» **Work item**
Find the line with "(basket_of p) k" and the line with "run-refines (ev ∷" in the entries below; output exactly those two lines, every line between them, and no others.

[Dataset]

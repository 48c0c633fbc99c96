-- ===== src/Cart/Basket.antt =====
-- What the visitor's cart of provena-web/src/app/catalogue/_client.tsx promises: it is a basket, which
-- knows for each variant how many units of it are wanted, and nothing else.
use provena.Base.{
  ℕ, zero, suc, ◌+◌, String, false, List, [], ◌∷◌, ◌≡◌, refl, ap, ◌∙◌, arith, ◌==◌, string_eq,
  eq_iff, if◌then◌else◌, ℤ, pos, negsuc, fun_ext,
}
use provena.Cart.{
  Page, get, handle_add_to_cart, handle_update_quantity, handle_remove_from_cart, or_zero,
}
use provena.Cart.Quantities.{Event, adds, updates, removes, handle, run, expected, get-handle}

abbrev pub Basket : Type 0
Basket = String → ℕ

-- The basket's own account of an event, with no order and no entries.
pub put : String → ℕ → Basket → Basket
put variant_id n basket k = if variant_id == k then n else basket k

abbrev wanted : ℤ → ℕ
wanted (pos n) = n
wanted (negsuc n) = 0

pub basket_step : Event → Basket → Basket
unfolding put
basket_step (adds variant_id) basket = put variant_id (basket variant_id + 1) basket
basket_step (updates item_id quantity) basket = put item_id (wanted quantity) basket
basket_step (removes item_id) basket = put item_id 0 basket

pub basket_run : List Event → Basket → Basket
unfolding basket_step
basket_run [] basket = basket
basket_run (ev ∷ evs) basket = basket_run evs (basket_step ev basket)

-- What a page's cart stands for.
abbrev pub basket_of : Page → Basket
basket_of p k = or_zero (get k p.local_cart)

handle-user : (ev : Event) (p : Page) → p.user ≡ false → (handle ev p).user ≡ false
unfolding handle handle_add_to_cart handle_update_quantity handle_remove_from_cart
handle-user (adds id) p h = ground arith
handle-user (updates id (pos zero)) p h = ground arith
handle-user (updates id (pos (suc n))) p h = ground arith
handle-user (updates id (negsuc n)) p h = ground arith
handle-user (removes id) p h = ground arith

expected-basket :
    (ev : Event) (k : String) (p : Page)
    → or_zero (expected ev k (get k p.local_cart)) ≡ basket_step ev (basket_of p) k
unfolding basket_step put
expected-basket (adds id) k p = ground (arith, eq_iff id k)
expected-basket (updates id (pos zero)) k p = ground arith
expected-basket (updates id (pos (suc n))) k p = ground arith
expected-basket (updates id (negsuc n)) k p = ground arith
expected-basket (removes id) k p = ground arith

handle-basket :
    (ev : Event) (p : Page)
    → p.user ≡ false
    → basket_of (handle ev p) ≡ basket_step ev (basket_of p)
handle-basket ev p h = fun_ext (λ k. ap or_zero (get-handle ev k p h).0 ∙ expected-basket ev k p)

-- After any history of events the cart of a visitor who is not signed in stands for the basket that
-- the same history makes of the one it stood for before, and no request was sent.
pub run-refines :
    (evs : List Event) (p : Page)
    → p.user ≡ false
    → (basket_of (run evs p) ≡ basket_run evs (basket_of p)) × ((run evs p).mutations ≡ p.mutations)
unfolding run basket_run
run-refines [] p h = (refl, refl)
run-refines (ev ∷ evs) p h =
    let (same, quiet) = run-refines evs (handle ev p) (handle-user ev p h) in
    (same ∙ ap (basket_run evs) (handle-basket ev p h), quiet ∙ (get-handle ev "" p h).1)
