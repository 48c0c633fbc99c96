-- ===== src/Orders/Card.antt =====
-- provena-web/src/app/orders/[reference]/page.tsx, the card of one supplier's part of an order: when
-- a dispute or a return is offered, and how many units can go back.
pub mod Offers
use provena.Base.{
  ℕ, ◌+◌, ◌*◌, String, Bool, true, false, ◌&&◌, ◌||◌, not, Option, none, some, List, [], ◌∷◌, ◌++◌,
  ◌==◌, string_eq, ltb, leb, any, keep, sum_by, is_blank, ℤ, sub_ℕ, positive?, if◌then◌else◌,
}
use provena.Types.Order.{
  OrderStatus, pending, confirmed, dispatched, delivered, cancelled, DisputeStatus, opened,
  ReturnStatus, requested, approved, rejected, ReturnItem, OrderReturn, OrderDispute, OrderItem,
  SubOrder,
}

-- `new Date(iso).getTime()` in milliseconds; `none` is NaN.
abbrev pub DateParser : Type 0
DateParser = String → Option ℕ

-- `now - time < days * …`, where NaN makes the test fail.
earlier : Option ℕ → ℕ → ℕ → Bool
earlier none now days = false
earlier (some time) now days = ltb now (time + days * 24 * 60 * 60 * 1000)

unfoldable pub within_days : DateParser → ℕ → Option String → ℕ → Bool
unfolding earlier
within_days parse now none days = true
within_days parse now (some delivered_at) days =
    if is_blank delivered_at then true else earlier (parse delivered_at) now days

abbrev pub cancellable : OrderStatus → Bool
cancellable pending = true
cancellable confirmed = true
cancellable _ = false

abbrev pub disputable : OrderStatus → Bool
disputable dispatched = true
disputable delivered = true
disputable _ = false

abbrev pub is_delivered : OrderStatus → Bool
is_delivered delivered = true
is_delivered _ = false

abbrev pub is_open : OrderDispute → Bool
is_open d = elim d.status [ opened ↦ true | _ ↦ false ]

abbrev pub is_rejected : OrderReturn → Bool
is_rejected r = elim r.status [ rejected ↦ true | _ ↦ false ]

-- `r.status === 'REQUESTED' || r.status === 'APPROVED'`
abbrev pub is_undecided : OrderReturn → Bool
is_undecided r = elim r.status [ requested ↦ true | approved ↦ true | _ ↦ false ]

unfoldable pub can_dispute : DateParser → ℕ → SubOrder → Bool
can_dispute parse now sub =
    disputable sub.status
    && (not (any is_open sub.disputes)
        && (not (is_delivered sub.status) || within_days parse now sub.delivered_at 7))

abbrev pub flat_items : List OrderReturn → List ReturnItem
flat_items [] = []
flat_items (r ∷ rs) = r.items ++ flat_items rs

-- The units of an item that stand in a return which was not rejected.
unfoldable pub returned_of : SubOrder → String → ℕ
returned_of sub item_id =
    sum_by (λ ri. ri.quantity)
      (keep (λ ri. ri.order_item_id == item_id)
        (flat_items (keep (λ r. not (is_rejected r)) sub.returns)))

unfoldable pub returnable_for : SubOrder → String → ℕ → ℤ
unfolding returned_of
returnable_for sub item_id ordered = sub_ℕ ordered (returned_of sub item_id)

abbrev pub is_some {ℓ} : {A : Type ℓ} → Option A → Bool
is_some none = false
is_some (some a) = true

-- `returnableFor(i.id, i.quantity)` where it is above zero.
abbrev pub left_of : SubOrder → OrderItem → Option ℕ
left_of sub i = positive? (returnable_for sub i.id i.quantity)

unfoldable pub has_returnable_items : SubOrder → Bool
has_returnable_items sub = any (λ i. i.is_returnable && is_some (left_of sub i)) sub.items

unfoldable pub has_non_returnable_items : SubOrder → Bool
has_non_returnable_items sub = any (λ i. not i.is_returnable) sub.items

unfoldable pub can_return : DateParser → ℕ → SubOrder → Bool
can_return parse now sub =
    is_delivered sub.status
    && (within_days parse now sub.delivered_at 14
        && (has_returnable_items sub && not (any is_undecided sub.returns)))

[/Dataset]

» **Exercise solution**
    → or_zero (expected ev k (get k p.local_cart)) ≡ basket_step ev (basket_of p) k
unfolding basket_step put
expected-basket (adds id) k p = ground (arith, eq_iff id k)
expected-basket (updates id (pos zero)) k p = ground arith
expected-basket (updates id (pos (suc n))) k p = ground arith
expected-basket (updates id (negsuc n)) k p = ground arith
expected-basket (removes id) k p = ground arith

handle-basket :
    (ev : Event) (p : Page)
    → p.user ≡ false
    → basket_of (handle ev p) ≡ basket_step ev (basket_of p)
handle-basket ev p h = fun_ext (λ k. ap or_zero (get-handle ev k p h).0 ∙ expected-basket ev k p)

-- After any history of events the cart of a visitor who is not signed in stands for the basket that
-- the same history makes of the one it stood for before, and no request was sent.
pub run-refines :
    (evs : List Event) (p : Page)
    → p.user ≡ false
    → (basket_of (run evs p) ≡ basket_run evs (basket_of p)) × ((run evs p).mutations ≡ p.mutations)
unfolding run basket_run
run-refines [] p h = (refl, refl)
run-refines (ev ∷ evs) p h =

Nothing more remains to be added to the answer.